Ela também disse que a União já teria se manifestado no sentido de que não existiria a possibilidade de federalizar os servidores da Uemg. Da mesma forma, a deputada Lohanna (PV) cobrou o arquivamento do projeto dizendo que, a depender da União, a Uemg não entraria como contrapartida ao Propag.
Também se manifestaram em defesa da Uemg e contrariamente ao projeto a deputada Andréia de Jesus (PT) e os deputados Professor Cleiton (PV), Lucas Lasmar (Rede), Leleco Pimentel (PT) e Hely Tarqüínio (PV), tendo este último defendido resistência no Legislativo, para que o projeto não passe já na Comissão de Constituição e Justiça.
Universidade de trabalhadores
Alunos e ex-alunos da Uemg reforçaram o papel da instituição na democratização do ensino e defenderam seu fortalecimento, apoiando o pedido de arquivamento da projeto de federalização. "A gente tem a Uemg como uma associação transformadora de vidas. Queremos uma Uemg viva, forte e gratuita", cobrou Larissa Felix, presidente do Diretório Acadêmico da unidade da Uemg em Divinópolis.

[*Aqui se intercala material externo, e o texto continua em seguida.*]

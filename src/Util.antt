-- ===== src/Util.antt =====
-- pkg/util: tests of nodes.
pub mod Node
pub mod Restart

Ela chamou a Uemg de "Universidade de Trabalhadores" ao contar que foi a primeira da sua família a ingressar no ensino superior. Na mesma linha, Vanessa Pereira, analista universitária e presidente da Comissão Permanente de Gestão dos Servidores Técnicos Administrativos da Uemg, também ex-aluna da universidade, defendeu que a instituição é essencial para a democratização da educação superior.

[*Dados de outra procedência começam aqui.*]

-- ===== src/Checkout/Occurrence.antt =====
-- internal/systempack/checkout/compare.go: `Align` matches the n-th occurrence with the n-th.
use mathlib.Core.List.{Memᴰ}
use clausa_lens.Prelude.{
  String, ap, ◌∙◌, ℕ, zero, suc, ◌+◌, ◌≤◌, ◌<◌, Bool, ◌&&◌, Option, none, some, List, [], ◌∷◌, ◌++◌,
  length, select, All, get_elem?, ◌==◌, string_eq, int_eq, ◌≡◌, refl, arith, eq_sound, Bool-cases,
  Option-cases, ◌⊎◌, inl, inr, if◌then◌else◌, subst,
}
use clausa_lens.Contracts.EventEnums.{event_type_eq}
use clausa_lens.Contracts.Event.{ExecutionEvent}
use clausa_lens.Contracts.Diff.{EventAlignment}
use clausa_lens.Checkout.Align.{
  AlignKey, align_key_eq, key_of, events_of_key, consumed, Alignment, align_event, consume,
  align_baseline, align,
}
use clausa_lens.Checkout.Alignment.{Paired, align-Paired}

-- Two events agree in component, operation, event type, logical operation and attempt.
abbrev pub agree : ExecutionEvent → ExecutionEvent → Bool
agree e b =
    e.component.name == b.component.name
    && e.operation.name == b.operation.name
    && e.event_type == b.event_type
    && e.logical_operation_id == b.logical_operation_id
    && e.attempt == b.attempt

-- The events that agree with one, in their order.
abbrev pub like : ExecutionEvent → List ExecutionEvent → List ExecutionEvent
like b es = select (λ e. agree e b) es

abbrev pub pair : ExecutionEvent → ExecutionEvent → EventAlignment
pair b c = record { baseline_event_id = b.event_id; comparison_event_id = c.event_id }

-- What becomes of a baseline event, by its counterpart.
abbrev pub Answered :
    ExecutionEvent → Option ExecutionEvent → List EventAlignment → List String → Type 0
Answered b none matched removed = Memᴰ b.event_id removed
Answered b (some c) matched removed = Memᴰ (pair b c) matched

get_elem?-past : {A : Type 0} (xs : List A) (i : ℕ) → length xs ≤ i → get_elem? xs i ≡ none
get_elem?-past [] i h = refl
get_elem?-past (x ∷ xs) zero h = absurd (omega (arith, h))
get_elem?-past (x ∷ xs) (suc i) h = get_elem?-past xs i (omega arith)

get_elem?-none : {A : Type 0} (xs : List A) (i : ℕ) → get_elem? xs i ≡ none → length xs ≤ i
get_elem?-none [] i h = omega arith
get_elem?-none (x ∷ xs) zero h = absurd (cc h)
get_elem?-none (x ∷ xs) (suc i) h = omega (arith, get_elem?-none xs i h)

get_elem?-some :
    {A : Type 0} (xs : List A) (i : ℕ) (a : A) → get_elem? xs i ≡ some a → i < length xs
get_elem?-some [] i a h = absurd (cc h)
get_elem?-some (x ∷ xs) zero a h = omega arith
get_elem?-some (x ∷ xs) (suc i) a h = omega (arith, get_elem?-some xs i a h)

consumed-cons :
    (j k : AlignKey) (keys : List AlignKey)
    → consumed k (j ∷ keys) ≡ (if j == k then suc (consumed k keys) else consumed k keys)
unfolding consumed
consumed-cons j k keys = refl

module _ (comparison : List ExecutionEvent) where
  abbrev available : AlignKey → ℕ
  available k = length (events_of_key k comparison)

  -- What is consumed of a key is what has come of it, as long as there is any.
  abbrev Tracks : (AlignKey → ℕ) → List AlignKey → Type 0
  Tracks come keys =
      (k : AlignKey)
      → (consumed k keys ≡ come k) ⊎ ((available k ≤ consumed k keys) × (available k ≤ come k))

  abbrev one_more : AlignKey → (AlignKey → ℕ) → AlignKey → ℕ
  one_more j come k = if j == k then suc (come k) else come k

  exhausted :
      (come : AlignKey → ℕ) (keys : List AlignKey) (j : AlignKey)
      → Tracks come keys
      → get_elem? (events_of_key j comparison) (consumed j keys) ≡ none
      → (available j ≤ consumed j keys) × (available j ≤ suc (come j))
  exhausted come keys j tracks gone =
      let past = get_elem?-none (events_of_key j comparison) (consumed j keys) gone in
      (past, elim (tracks j) [ inl same ↦ omega arith | inr (used, over) ↦ omega arith ])

  in_step :
      (come : AlignKey → ℕ) (keys : List AlignKey) (j : AlignKey) (c : ExecutionEvent)
      → Tracks come keys
      → get_elem? (events_of_key j comparison) (consumed j keys) ≡ some c
      → consumed j keys ≡ come j
  in_step come keys j c tracks there = elim (tracks j) [
    | inl same ↦ same
    | inr (used, over) ↦
        absurd
          (omega (arith, get_elem?-some (events_of_key j comparison) (consumed j keys) c there))
  ]

  consume-Tracks :
      (come : AlignKey → ℕ) (keys : List AlignKey) (j : AlignKey)
      → Tracks come keys
      → Tracks
          (one_more j come)
          (consume j (get_elem? (events_of_key j comparison) (consumed j keys)) keys)
  consume-Tracks come keys j tracks k =
      elim (Option-cases (get_elem? (events_of_key j comparison) (consumed j keys))) [
        | inl gone ↦ rw gone (elim (Bool-cases (j == k)) [
          | inr other ↦ rw other (tracks k)
          | inl same ↦ rw same (inr (rw (eq_sound j k same) at (exhausted come keys j tracks gone)))
        ])
        | inr (c, there) ↦
            rw (there, consumed-cons j k keys)
              (elim (Bool-cases (j == k)) [
                | inr other ↦ rw other (tracks k)
                | inl same ↦
                    rw same (
                      inl (ap suc (rw (eq_sound j k same) at (in_step come keys j c tracks there))))
              ])
      ]

  same_candidate :
      (come : AlignKey → ℕ) (keys : List AlignKey) (k : AlignKey)
      → Tracks come keys
      → get_elem? (events_of_key k comparison) (consumed k keys)
        ≡ get_elem? (events_of_key k comparison) (come k)
  same_candidate come keys k tracks = elim (tracks k) [
    | inl same ↦ rw same refl
    | inr (used, over) ↦
        rw
          (
            get_elem?-past (events_of_key k comparison) (consumed k keys) used,
            get_elem?-past (events_of_key k comparison) (come k) over,
          )
          refl
  ]

  align_event-Answered :
      (b : ExecutionEvent) (c : Option ExecutionEvent) (rest : Alignment)
      → Answered b c (align_event b c rest).matched (align_event b c rest).removed
  unfolding align_event
  align_event-Answered b none rest = Memᴰ.head refl
  align_event-Answered b (some c) rest = Memᴰ.head refl

  align_event-keeps :
      (b x : ExecutionEvent) (c d : Option ExecutionEvent) (rest : Alignment)
      → Answered b c rest.matched rest.removed
      → Answered b c (align_event x d rest).matched (align_event x d rest).removed
  unfolding align_event
  align_event-keeps b x none none rest a = Memᴰ.tail a
  align_event-keeps b x none (some d) rest a = a
  align_event-keeps b x (some c) none rest a = a
  align_event-keeps b x (some c) (some d) rest a = Memᴰ.tail a

  come_nil : (come : AlignKey → ℕ) (k : AlignKey) → come k ≡ come k + length (events_of_key k [])
  unfolding events_of_key
  come_nil come k = omega arith

  come_cons :
      (x : ExecutionEvent) (pre : List ExecutionEvent) (come : AlignKey → ℕ) (k : AlignKey)
      → one_more (key_of x) come k + length (events_of_key k pre)
        ≡ come k + length (events_of_key k (x ∷ pre))
  unfolding events_of_key
  come_cons x pre come k = elim (Bool-cases (key_of x == k)) [
    | inl same ↦ rw same (omega arith)
    | inr other ↦ rw other refl
  ]

  align_baseline-Answered :
      (pre post : List ExecutionEvent) (b : ExecutionEvent) (come : AlignKey → ℕ)
      (keys : List AlignKey)
      → Tracks come keys
      → Answered b
          (get_elem?
            (events_of_key (key_of b) comparison)
            (come (key_of b) + length (events_of_key (key_of b) pre)))
          (align_baseline comparison keys (pre ++ b ∷ post)).matched
          (align_baseline comparison keys (pre ++ b ∷ post)).removed
  unfolding align_baseline
  align_baseline-Answered [] post b come keys tracks =
      let k = key_of b in
      let es = events_of_key k comparison in
      let rest = align_baseline comparison keys (b ∷ post) in
      subst (λ c. Answered b c rest.matched rest.removed)
        (same_candidate come keys k tracks ∙ ap (get_elem? es) (come_nil come k))
        (align_event-Answered b (get_elem? es (consumed k keys)) _)
  align_baseline-Answered (x ∷ pre) post b come keys tracks =
      let k = key_of b in
      let es = events_of_key k comparison in
      let j = key_of x in
      let candidate = get_elem? (events_of_key j comparison) (consumed j keys) in
      let rest = align_baseline comparison (consume j candidate keys) (pre ++ b ∷ post) in
      align_event-keeps b x _ candidate rest (
        subst (λ i. Answered b (get_elem? es i) rest.matched rest.removed) (come_cons x pre come k)
          (align_baseline-Answered pre post b (one_more j come) (consume j candidate keys)
            (consume-Tracks come keys j tracks)))

zero_add : (n : ℕ) → 0 + n ≡ n
zero_add n = omega arith

consumed-nil : (k : AlignKey) → consumed k [] ≡ 0
unfolding consumed
consumed-nil k = refl

-- `Align` goes by occurrences. Every matched pair is an event of the baseline and one of the comparison
-- that agree in component, operation, event type, logical operation and attempt; and an event of the
-- baseline with n events before it that agree with it is matched with the comparison's event that has
-- n such events before it, or is removed where there is none.
pub align-occurrence :
    (pre post comparison : List ExecutionEvent) (b : ExecutionEvent)
    → All (Paired (pre ++ b ∷ post) comparison) (align (pre ++ b ∷ post) comparison).matched
      × Answered b
          (get_elem? (like b comparison) (length (like b pre)))
          (align (pre ++ b ∷ post) comparison).matched
          (align (pre ++ b ∷ post) comparison).removed
unfolding align events_of_key key_of
align-occurrence pre post comparison b = (
  align-Paired (pre ++ b ∷ post) comparison,
  subst
      (λ i.
        Answered b (get_elem? (like b comparison) i) (align (pre ++ b ∷ post) comparison).matched
          (align (pre ++ b ∷ post) comparison).removed)
      (zero_add (length (like b pre)))
      (align_baseline-Answered comparison pre post b (λ k. 0) [] (λ k. inl (consumed-nil k))),
)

Maria Eduarda, de Nova Serrana, estudante da unidade de Divinópolis, falou, por sua vez, que para a maioria da população do País a educação ainda é fator de mobilidade social e não pode ser negociada pelo Estado.
"Ninguém aqui é contra o Propag, mas para entrar nele é preciso negociar a educação?" questionaram ainda ex-alunos, hoje gestores municipais, como o vice-prefeito de Ituiutaba, Douglas Guimarães, formado em Direito pela Uemg.
Ao final da audiência, foi entregue à comissão um manifesto de vários segmentos acadêmicos e da sociedade contra a a transferência da Uemg no âmbito do Propag, além de divulgados abaixo-assinado e petição on-line em defesa da Uemg. Neste momento, a deputada Beatriz Cerqueira destacou que o PL 3.738/25 também está aberto à votação do público na seção "Opine sobre projetos de lei", no portal da ALMG, com mais de 5.500 votos contrários até esta terça (1º).